I meant nothing to Malakai. Just as I had meant nothing to Mother.

I tossed the barren stem into the dirt.

"I don’t know why I let myself get wrapped up in this group, in all of you.”

My voice was hoarse, the words raw in my throat.

"I let myself forget that I’m only here because I serve a purpose. Just like when I served Mother. The only worth I had was in what I could do for her, in how well I could kill, how perfectly I could obey. And now it’s the same. My worth is measured in tenos, in what the Hada are willing to pay for me.”

I let out a bitter laugh.

"Once they have me, once I’ve done what they need, they’ll toss me aside. Just like Mother did. Just like you’re going to do.”

There it was. The truth I had been running from, finally spoken aloud, and it ripped through me like a serrated blade.

Malakai stepped closer, his presence warm even as the night air cooled. Slowly, deliberately, he reached for my hand. I tensed, instinct screaming at me to pull away, but I didn’t. His fingers curled around mine, his grip firm but gentle. His touch, as always, was careful—like I was something precious. Like I was something that mattered.

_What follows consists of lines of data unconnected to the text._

-- ===== src/Logger.antt =====
-- logger.h, logger.cpp: the logger object. `none` stands for what ends or corrupts the program: a
-- failed assert, a null or dangling pointer. Every function here is called on the instance, and
-- the mutex of instance() is not needed for them.
pub mod Laws
pub mod Format
pub mod Instance
pub mod Signal
pub mod Destroy
use epics_logfile.Base.{
  ℕ, Bool, true, false, List, [], ◌∷◌, ◌++◌, Option, none, some, Bytes, codes, is_empty,
  if◌then◌else◌, Result, ok, ◌>>=◌,
}
use epics_logfile.Base.Map.{nat_key, bytes_key, find, emplace, erase}
use epics_logfile.Level.{Level, level_lt, level_name}
use epics_logfile.Event.{LogEvent}
use epics_logfile.OutputStream.{StreamClass, OutputStream, set_min_log_level, dump}
use epics_logfile.LogThread.{LogThread, store, push}
use epics_logfile.Registry.{SubsystemInfo, Registry}

-- logger_private. The thread is null after logger::terminate.
pub record Logger (S : Type 0) : Type 0 where
  pub registry : Registry
  pub thread : Option (LogThread S)

module _ {S : Type 0} where
  enqueue_on : LogEvent → Logger S → Option (LogThread S) → Option (Logger S)
  unfolding push
  enqueue_on e l none = none
  enqueue_on e l (some t) = some (record l { thread = some (push e t) })

  -- What logger::log does for a registered subsystem.
  log_for : ℕ → Level → ℕ → Bytes → Bytes → SubsystemInfo → Logger S → Option (Logger S)
  unfolding enqueue_on
  log_for now level subsystem message function info l =
      if level_lt level info.min_level
      then some l
      else enqueue_on
          (record {
            level = level;
            subsystem = subsystem;
            message = message;
            time = now;
            function = function;
            subsystem_string = info.name;
            time_string = [];
          })
          l l.thread

  -- logger::log, at the time `now`.
  unfoldable pub log : ℕ → Level → ℕ → Bytes → Bytes → Logger S → Option (Logger S)
  unfolding log_for
  log now level subsystem message function l = elim (find subsystem l.registry.subsystems) [
    | none ↦ none
    | some info ↦ log_for now level subsystem message function info l
  ]

  -- The macros SuS_LOG, SuS_LOG_STREAM and SuS_LOG_PRINTF; `minimum` is SuS_LOG_MINLEVEL.
  unfoldable pub sus_log : Level → ℕ → Level → ℕ → Bytes → Bytes → Logger S → Option (Logger S)
  unfolding log
  sus_log minimum now level subsystem message function l =
      if level_lt level minimum then some l else log now level subsystem message function l

  -- logger::add_output_stream, for the stream at `a`, whose name() is `name`.
  unfoldable pub add_output_stream : ℕ → Bytes → Bytes → LogThread S → LogThread S
  add_output_stream a name ref t = record t {
    streams = emplace (if is_empty ref then name else ref) a t.streams;
  }

  -- `delete i->second` and the erase. Deleting a stream twice is a fault; the destructor of the
  -- stream may end the program.
  delete_stream : StreamClass S → ℕ → Bytes → LogThread S → Option (LogThread S × Bool)
  delete_stream cls a name t = elim (t.heap a) [
    | none ↦ none
    | some o ↦
        if cls.destructor o.sink
        then some (record t { heap = store t.heap a none; streams = erase name t.streams }, true)
        else none
  ]

  -- logger::remove_output_stream.
  unfoldable pub remove_output_stream :
      StreamClass S → Bytes → LogThread S → Option (LogThread S × Bool)
  unfolding delete_stream
  remove_output_stream cls name t = elim (find name t.streams) [
    | none ↦ some (t, false)
    | some a ↦ delete_stream cls a name t
  ]

  unfoldable pub set_level_at : ℕ → Level → LogThread S → Option (LogThread S × Bool)
  unfolding set_min_log_level
  set_level_at a level t = elim (t.heap a) [
    | none ↦ none
    | some o ↦ some (record t { heap = store t.heap a (some (set_min_log_level level o)) }, true)
  ]

  -- logger::set_min_log_level.
  unfoldable pub set_stream_min_log_level :
      Bytes → Level → LogThread S → Option (LogThread S × Bool)
  unfolding set_level_at
  set_stream_min_log_level name level t = elim (find name t.streams) [
    | none ↦ some (t, false)
    | some a ↦ set_level_at a level t
  ]

  -- logger::terminate, once the thread has been joined.
  unfoldable pub terminate : Logger S → Logger S
  terminate l = record l { thread = none }

  -- The loop over the streams of dump_configuration. `none` is a stream that was deleted.
  dump_streams :
      StreamClass S → (ℕ → Option (OutputStream S)) → List (Bytes × ℕ) → Option (Result Bytes)
  unfolding dump
  dump_streams cls heap [] = some (ok [])
  dump_streams cls heap ((name, a) ∷ rest) = elim (heap a) [
    | none ↦ none
    | some o ↦ elim (dump_streams cls heap rest) [
      | none ↦ none
      | some more ↦ some (do text ← dump cls o; texts ← more; ok (text ++ texts))
    ]
  ]

-- The loop over the subsystems.
dump_subsystems : List (ℕ × SubsystemInfo) → Result Bytes
dump_subsystems [] = ok []
dump_subsystems ((id, info) ∷ rest) = do
  level ← level_name info.min_level
  texts ← dump_subsystems rest
  ok (codes "   - " ++ info.name ++ codes "\n     min. log level: " ++ level ++ codes "\n" ++ texts)

-- logger::dump_configuration; `minimum` is SuS_LOG_MINLEVEL.
unfoldable pub dump_configuration :
    {S : Type 0} → Level → StreamClass S → Registry → LogThread S → Option (Result Bytes)
unfolding dump_streams dump_subsystems
dump_configuration minimum cls r t = elim (dump_streams cls t.heap t.streams) [
  | none ↦ none
  | some streams ↦ some (do
    global ← level_name minimum
    stream_texts ← streams
    subsystem_texts ← dump_subsystems r.subsystems
    ok (
        codes "global min. log level (compile-time): "
        ++ global
        ++ codes "\nactive output streams:\n"
        ++ stream_texts
        ++ codes "active logging subsystems\n"
        ++ subsystem_texts))
]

His thumb grazed over my knuckles, slow, almost absent—but the pressure was anything but casual. His calluses caught against mine, and the way his fingers lingered told me he wasn’t ready to let go.

“Only a fool would try to weigh the sun, or the moon, or the stars,”

he said, and his voice—goddess—his voice sounded like it had been scraped raw.

"And just the same, there is nothing . . . nothing in this world that could ever match your worth.”

His jaw clenched like he regretted saying it out loud, like the truth had broken past whatever restraint he was clinging to.

Before I could move—before I could think—he lifted my hand to his mouth. And then I was thinking of nothing but him.

His lips brushed my skin with a softness that broke me. Like a man kissing a wound he couldn’t heal. Like a goodbye he didn’t want to give. I felt the moment catch in his throat. A pause. A breath. A silent war behind his eyes.

And then, with a shudder I wasn’t meant to notice, he pulled back. His fingers slipped from mine. My hand fell to my lap like it had lost all purpose.

“I think you’ll find happiness in Tiepaz,”

he said, barely above a whisper.

"And after everything . . . you deserve it.”

But he didn’t look at me when he said it.

I was grateful that he didn’t. Because if he had, I wasn’t entirely sure if I’d let him walk away.

I stood frozen, staring at the space he had left behind. My stomach twisted, my pulse hammering in my throat. I didn’t realize how much I wanted him to stay, how much I wanted him to not stop, until he was gone.

I should have said something. I should have called after him, told him that happiness wasn’t something I deserved. That I didn’t want Tiepaz—I wanted . . .

I wanted this.

I pressed my hand against my chest, where the ghost of his lips still lingered against my skin.

And for the first time in a long, long time, I wished I had the courage to ask for what I wanted.